Does it ever make sense to use the sum of the pre and post measure means? Say I quantitatively measure a specific trait of each of the students in a group so that each of the students receive a score. The average score of the group is $X_0$. After a treatment, I measure a gain, and the average score of the group post-treatment is $X_1$.
In most cases, what's interesting is the difference between $X_0$ and $X_1$ (analyzing the effectiveness of the treatment), but does it ever make sense to use the sum of $X_0$ and $X_1$ for any non-trivial purposes? If so, what is the meaning of $X_0 + X_1$?

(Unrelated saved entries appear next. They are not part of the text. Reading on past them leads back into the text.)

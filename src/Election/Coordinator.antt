-- ===== src/Election/Coordinator.antt =====
-- apis/election/coordinator.go: the campaign and the heartbeat over a store with compare-and-swap.
-- A method returns its answer, the coordinator and the outside state.
pub mod Rounds
pub mod Backed
pub mod Leads
pub mod Calls
pub mod Takeover
pub mod Term
pub mod History
use datakit_operator.Common.{
  ℕ, zero, suc, ◌<◌, Option, none, some, Bool, true, false, not, ◌&&◌, ◌||◌, String, ◌==◌,
  if◌then◌else◌, ltb,
}
use datakit_operator.Common.Int.{ℤ, pos}
use datakit_operator.Election.Lease.{
  Lease, lease_duration, request_interval, max_cas_attempts, holder, epoch, acquire_lease,
  new_lease, renew_lease,
}
use datakit_operator.Election.Observation.{
  ObservationSource, from_cache, from_store, LeaseObservations, remaining,
}
use datakit_operator.Election.Metrics.{
  Operation, campaign, heartbeat, informer, Status, success, defeat, error, Transition,
  first_acquire, lease_expired, is_campaign, ElectionCounters, record_transition,
  record_storage_error, record_cas_conflict,
}
use datakit_operator.Election.Cluster.{
  ApiError, not_found, conflict, already_exists, forbidden, other_error, Reply, found, failed,
  Cluster, is_not_found, is_forbidden, is_lost_race,
}

pub record Result : Type 0 where
  pub status : Status
  pub namespace : String
  pub id : String
  pub incumbency_id : String
  pub error_msg : String
  pub error_code : String
  pub interval : ℕ
  pub lease_duration : ℤ
  pub epoch : ℤ

-- `errCacheNotReady`, `errStorage` and `errForbidden`
pub data ElectError : Type 0 where
  cache_not_ready storage_unavailable access_forbidden : ElectError

pub data Answer : Type 0 where
  replied : Result → Answer
  refused : ElectError → Answer

pub record Coordinator : Type 0 where
  pub namespace : String
  pub metrics : ElectionCounters
  pub observations : LeaseObservations

-- The arguments of `elect`, with the name of the lease in place of the token.
pub record Request : Type 0 where
  pub operation : Operation
  pub name : String
  pub namespace : String
  pub id : String

abbrev duration_of : Option Lease → ℤ
duration_of none = pos lease_duration
duration_of (some l) = elim (l.lease_duration_seconds) [ none ↦ pos lease_duration | some d ↦ d ]

unfoldable pub result : Status → String → String → Option Lease → Bool → Result
unfolding holder epoch
result status namespace id lease active = record {
  status = status;
  namespace = namespace;
  id = id;
  incumbency_id = if active then holder lease else "";
  error_msg = "";
  error_code = "";
  interval = request_interval;
  lease_duration = duration_of lease;
  epoch = epoch lease;
}

unfoldable pub storage_error : Operation → ApiError → Coordinator → Answer × Coordinator
unfolding record_storage_error
storage_error op cause c = (
  refused (if is_forbidden cause then access_forbidden else storage_unavailable),
  record c { metrics = record_storage_error op c.metrics },
)

-- The answer is defeat: the lease is active for another campaign, or a heartbeat's term is over.
abbrev pub is_defeated : Operation → Bool → String → String → Bool
is_defeated campaign active h id = active
is_defeated heartbeat active h id = not active || not (h == id)
is_defeated informer active h id = false

module _ {W : Type 0} (env : Cluster W) where
  open env use {get, create, update, cache_ready, cache_get, now, elapsed}

  -- The coordinator's `remaining`, at the clock of this moment.
  unfoldable pub look : Option Lease → ObservationSource → Coordinator → W → Coordinator × ℕ
  unfolding remaining
  look lease source c w =
      let (o, left) = remaining c.observations lease source (elapsed w) in
      (record c { observations = o }, left)

  -- The write of one attempt.
  unfoldable pub write : Request → Option Lease → Coordinator → W → Reply × W
  unfolding new_lease acquire_lease renew_lease
  write q none c w = create (new_lease c.namespace q.name q.id (now w)) w
  write q (some l) c w =
      update
        (if is_campaign q.operation then acquire_lease l q.id (now w) else renew_lease l (now w)) w

  abbrev transition_of : Option Lease → Transition
  transition_of none = first_acquire
  transition_of (some l) = lease_expired

  abbrev count_transition : Operation → Option Lease → ElectionCounters → ElectionCounters
  count_transition op lease m =
      if is_campaign op then record_transition (transition_of lease) m else m

  abbrev pub Attempt : Type 0
  Attempt = Coordinator → W → Answer × Coordinator × W

  after_write :
      Attempt → Request → Option Lease → Coordinator → Reply × W → Answer × Coordinator × W
  unfolding result storage_error look record_transition record_cas_conflict
  after_write retry q lease c (found u, w) =
      let (c', _) = look (some u) from_store c w in
      (
        replied (result success q.namespace q.id (some u) true),
        record c' { metrics = count_transition q.operation lease c'.metrics },
        w,
      )
  after_write retry q lease c (failed e, w) =
      let again = retry (record c { metrics = record_cas_conflict q.operation c.metrics }) w in
      let (answer, c') = storage_error q.operation e c in
      if is_lost_race e then again else (answer, c', w)

  -- Write, or stop after the last conflict: `none` is the attempt numbered `maxCASAttempts`.
  proceed : Option Attempt → Request → Option Lease → Coordinator → W → Answer × Coordinator × W
  unfolding after_write write storage_error
  proceed none q lease c w =
      let (answer, c') = storage_error q.operation other_error c in (answer, c', w)
  proceed (some retry) q lease c w = after_write retry q lease c (write q lease c w)

  after_get : Option Attempt → Request → Option Lease → Coordinator → W → Answer × Coordinator × W
  unfolding proceed look result
  after_get next q lease c w =
      let (c', left) = look lease from_store c w in
      let active = ltb 0 left in
      if is_defeated q.operation active (holder lease) q.id
      then (replied (result defeat q.namespace q.id lease active), c', w)
      else proceed next q lease c' w

  -- One round of the loop.
  attempt : Option Attempt → Request → Coordinator → Reply × W → Answer × Coordinator × W
  unfolding after_get storage_error
  attempt next q c (found l, w) = after_get next q (some l) c w
  attempt next q c (failed e, w) =
      let (answer, c') = storage_error q.operation e c in
      if is_not_found e then after_get next q none c w else (answer, c', w)

  -- The loop, by the number of attempts that are left to write.
  attempts : ℕ → Request → Attempt
  unfolding attempt
  attempts zero q c w = attempt none q c (get q.name w)
  attempts (suc left) q c w = attempt (some (attempts left q)) q c (get q.name w)

  after_cache : Request → Option Lease → Coordinator → W → Answer × Coordinator × W
  unfolding attempts look result
  after_cache q lease c w =
      let (c', left) = look lease from_cache c w in
      if ltb 0 left && (is_campaign q.operation || not (holder lease == q.id))
      then (replied (result defeat q.namespace q.id lease true), c', w)
      else attempts max_cas_attempts q c' w

  abbrev cached : Request → Coordinator → W → Reply → Answer × Coordinator × W
  cached q c w (found l) = after_cache q (some l) c w
  cached q c w (failed e) =
      let (answer, c') = storage_error q.operation e c in
      if is_not_found e then after_cache q none c w else (answer, c', w)

  unfoldable pub elect : Request → Coordinator → W → Answer × Coordinator × W
  unfolding after_cache storage_error
  elect q c w =
      if cache_ready w then cached q c w (cache_get q.name w) else (refused cache_not_ready, c, w)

In addition, any references concerning this topic would be greatly appreciated!!
 A: Following a hint by @FrankHarrell, I look up recovery of inter-block information as one application of the sum of scores $X_0 + X_1$ as opposed to the difference of scores $X_1 - X_0$.
This is a classical concept in incomplete block design, proposed by Yates in [1]. For illustration I use an example by Portnoy in [2] where the "blocks" are students just as in the OP's example.

Source: (Portnoy, 1973)
This experiment compares the grading methods of four teachers / treatments {$T_1$, $T_2$, $T_3$, $T_4$}. Each teacher grades a composition by three students / blocks {$S_1$, ..., $S_{12}$} in two classes / replications (freshmen & senior). The design is incomplete (the teachers don't grade all the students) and balanced (each student is graded by two teachers and each teacher grades half of the freshmen and half of the seniors).
Since the design is incomplete, the comparisons of block totals contain information about the differences between treatments in addition to the direct comparisons between treatments within blocks. Since the design is balanced, it's possible but tedious to do the derivations by hand (see the references).
Let $X_{ij}$ denote the grade of student $S_i$ by teacher $T_j$. Each grade $X_{ij}$ is the sum of a fixed teacher effect $\beta_j$, a random student effect $u_i$ and an error term.
$$
\begin{aligned}
S_{1} &= X_{11} + X_{12} = \left(\beta_1 + u_1 + e_{11}\right) + \left(\beta_2 + u_1 + e_{12}\right) \\
S_{2} &= X_{22} + X_{23} = \left(\beta_2 + u_2 + e_{22}\right) + \left(\beta_3 + u_2 + e_{23}\right) \\
S_{1} - S_{2} &=
\left(\beta_1 + \beta_2\right) - \left(\beta_2 + \beta_3\right) + \left(2u_1 - 2u_2\right) + \left(e_{11} + e_{12} - e_{22} - e_{23}\right)
\end{aligned}
$$
The students / blocks are modeled as random effects (they are assumed to be drawn from a population of students) so the $u_i$s have mean 0. The errors have mean 0 as well. Therefore, comparisons of block totals contain information about treatment differences.
$$
\begin{aligned}
\operatorname{E}\left(S_{1} - S_{2}\right) = \beta_1 - \beta_3
\end{aligned}
$$
Note the block totals are not of interest themselves. Their purpose is to increase the precision (and thus increase the power) to estimate the treatment differences.
Otherwise the totals are not very interpretable unless there are no treatment effects: $E\left(S_i\right)$ is the aggregate grade for writing two compositions and being graded by two specific teachers. With nonzero teacher effects, a student will get different grades for the same compositions if they happen to be graded by other teachers.
[1] F. Yates. The recovery of inter-block information in variety trials arranged in three-dimensional lattices. Annals of Eugenics(?!), 9(2):136–156, 1939. 
[2] S. Portnoy. On recovery of intra-block information. Journal of the American Statistical Association, 68(342):384–391, 1973.